In this version, all indications of representational form have been eliminated. The two figures have been reduced to a simple symbolic expression carved on all four sides of a rectangular column. As the two heads come together in the kiss they form a circle—the most universal expression of unity. This column then, raised on a pedestal of powerful carved forms almost primitive in their crude simplicity, becomes an idolistic image of unity—the unified being formed by the bringing together or reuniting of male and female. This theme receives its most powerful expression in the Gate of the Kiss, 1937, almost 30 years after the original version. In this massive stone gate the stylized form of The Kiss has perhaps even further symbolic significance, for this form as viewed here, a view which, because of the giant scale of the gate, would be normal for the close-up viewer, can be read as a vagina with great legs stretching below it. The concentric circle is rich in symbolic meaning and can stand for both vagina and navel or womb, so this gate is perhaps symbolic of the “unified being” in the form of the Great Mother, the primordial ancestor from whose womb all living things emanate. Indeed, in a recent article, Sidney Geist has pointed out how Brancusi altered this section of the gate so that it would represent both male and female genitalia. In an enlightened discussion he further demonstrates how the entire gate merges the symbolism of its companion pieces, the “female” Table and the “male” Endless Column, and represents just the theme I have been discussing—unity in duality.14
Robert Knott teaches art history at Wake Forest University, Winston-Salem; this article is a revised version of a paper presented at the College Art Association, January 1975.
NOTES
1. Albert Beguin, “L’Androgyne,” Minotaure, No. 11, 1938, pp. 10 ff.

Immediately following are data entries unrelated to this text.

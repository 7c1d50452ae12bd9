-- ===== src/Events.antt =====
-- guest/compositor/window_events.c: the messages about windows. What goes to np_backend_send_binary is the
-- answer: bytes, or nothing where the function returns false before it.
pub mod Exact
mod Tests
use native_pipe.Base.{
  ℕ, ◌%◌, ◌/◌, ◌^◌, Bool, true, Option, none, some, List, [], ◌∷◌, ◌++◌, ltb, if◌then◌else◌, length,
}
use native_pipe.Base.Bytes.{le32}
use native_pipe.Base.Int.{ℤ}
use native_pipe.Wire.{
  Message, WindowFrame, guest_to_host, message_init, put_u8, put_u32, put_i32, put_frame,
}

-- The codes of `enum np_window_guest_opcode` that the file uses.
abbrev pub committed : ℕ
committed = 21

abbrev pub popup_placement_requested : ℕ
popup_placement_requested = 35

abbrev pub force_quit_capability_changed : ℕ
force_quit_capability_changed = 36

-- np_window_event_send_message
abbrev pub send_message : Message → Option (List ℕ)
send_message m = if m.ok then some m.bytes else none

-- The loop of np_window_event_send over the values.
abbrev pub value_bytes : List ℕ → List ℕ
value_bytes [] = []
value_bytes (v ∷ vs) =
    (v % 256 ∷ v / 2 ^ 8 % 256 ∷ v / 2 ^ 16 % 256 ∷ v / 2 ^ 24 % 256 ∷ []) ++ value_bytes vs

-- np_window_event_send
unfoldable pub event_send : ℕ → List ℕ → Option (List ℕ)
event_send opcode values =
    if ltb 16 (length values)
    then none
    else some
        ((b'N' ∷ b'P' ∷ b'W' ∷ b'2' ∷ guest_to_host ∷ opcode ∷ 0 ∷ 0 ∷ []) ++ value_bytes values)

-- The arguments of np_window_event_send_popup_placement.
pub record PopupPlacement : Type 0 where
  pub window : ℕ
  pub parent : ℕ
  pub x : ℤ
  pub y : ℤ
  pub flip_x : ℤ
  pub flip_y : ℤ
  pub width : ℤ
  pub height : ℤ
  pub adjustment : ℕ
  pub token : ℕ
  pub reactive : Bool

-- np_window_put_bool
abbrev pub bool_byte : Bool → ℕ
bool_byte b = if b then 1 else 0

-- The values in the context fields of a frame.
abbrev pub context_or : Option (ℕ × ℕ × ℕ) → (ℕ × ℕ × ℕ) → (ℕ × ℕ × ℕ)
context_or none idle = idle
context_or (some c) idle = c

module _ (realloc : ℕ → Bool) where
  -- np_window_event_send_force_quit_capability
  unfoldable pub send_force_quit_capability : ℕ → Bool → Option (List ℕ)
  send_force_quit_capability window supported =
      let m = message_init realloc guest_to_host force_quit_capability_changed in
      send_message (put_u8 realloc (put_u32 realloc m window) (bool_byte supported))

  -- The fields that np_window_event_send_popup_placement puts.
  unfoldable pub put_placement : Message → PopupPlacement → Message
  put_placement m p =
      let a = put_u32 realloc (put_u32 realloc m p.window) p.parent in
      let b = put_i32 realloc (put_i32 realloc a p.x) p.y in
      let c = put_i32 realloc (put_i32 realloc b p.flip_x) p.flip_y in
      let d = put_i32 realloc (put_i32 realloc c p.width) p.height in
      let e = put_u32 realloc (put_u32 realloc d p.adjustment) p.token in
      put_u8 realloc e (bool_byte p.reactive)

  -- np_window_event_send_popup_placement
  unfoldable pub send_popup_placement : PopupPlacement → Option (List ℕ)
  send_popup_placement p =
      send_message (put_placement (message_init realloc guest_to_host popup_placement_requested) p)

  -- np_window_event_send_frame: the bytes that it leaves to the caller. `idle` is what the fields of the
  -- context hold in a frame that has none.
  unfoldable pub send_frame : ℕ → WindowFrame → (ℕ × ℕ × ℕ) → Option (List ℕ)
  send_frame surface frame idle =
      let outbound : WindowFrame = record frame {
        presentation_context = some (context_or frame.presentation_context idle);
      } in
      let m = put_u32 realloc (message_init realloc guest_to_host committed) surface in
      send_message (put_frame realloc m outbound)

2. From a case study quoted by Paul Schilder in The Image and Appearance of the Human Body, London, 1935, p. 159.
3. John Hedgecoe and Henry Moore, Henry Moore, New York, 1968, p. 34.
4. Max Ernst in a letter written from Maloja in 1935. C. Gideon-Welcker, Contemporary Sculpture, New York, 1955.
5. C. Gideon-Welcker, Jean Arp, New York, 1957, p. XXVIII.
6. Franz Meyer, Marc Chagall, New York, 1965, p. 154.
7. Joseph Wicksteed, William Blake’s Jerusalem, New York, 1955.
8. Anne Kostelanetz Mellor, Blake’s Human Form Divine, Berkeley, 1974, p. 302.
9. Plato, Symposium, New York, Modern Library edition, 1928, p. 354.
10. Paul Eluard, “Ombres,” Une Leçon de Morale, Paris, 1953, p. 51.
11. Plato, Symposium, p. 354.
12. Jacques Lipchiu, My Life in Sculpture, with H. H. Arnason, New York, 1972, p. 99.
13. Ibid.
14. Sidney Geist, “Brancusi: The Centrality of the Gate,” Artforum, October, 1973, p. 77.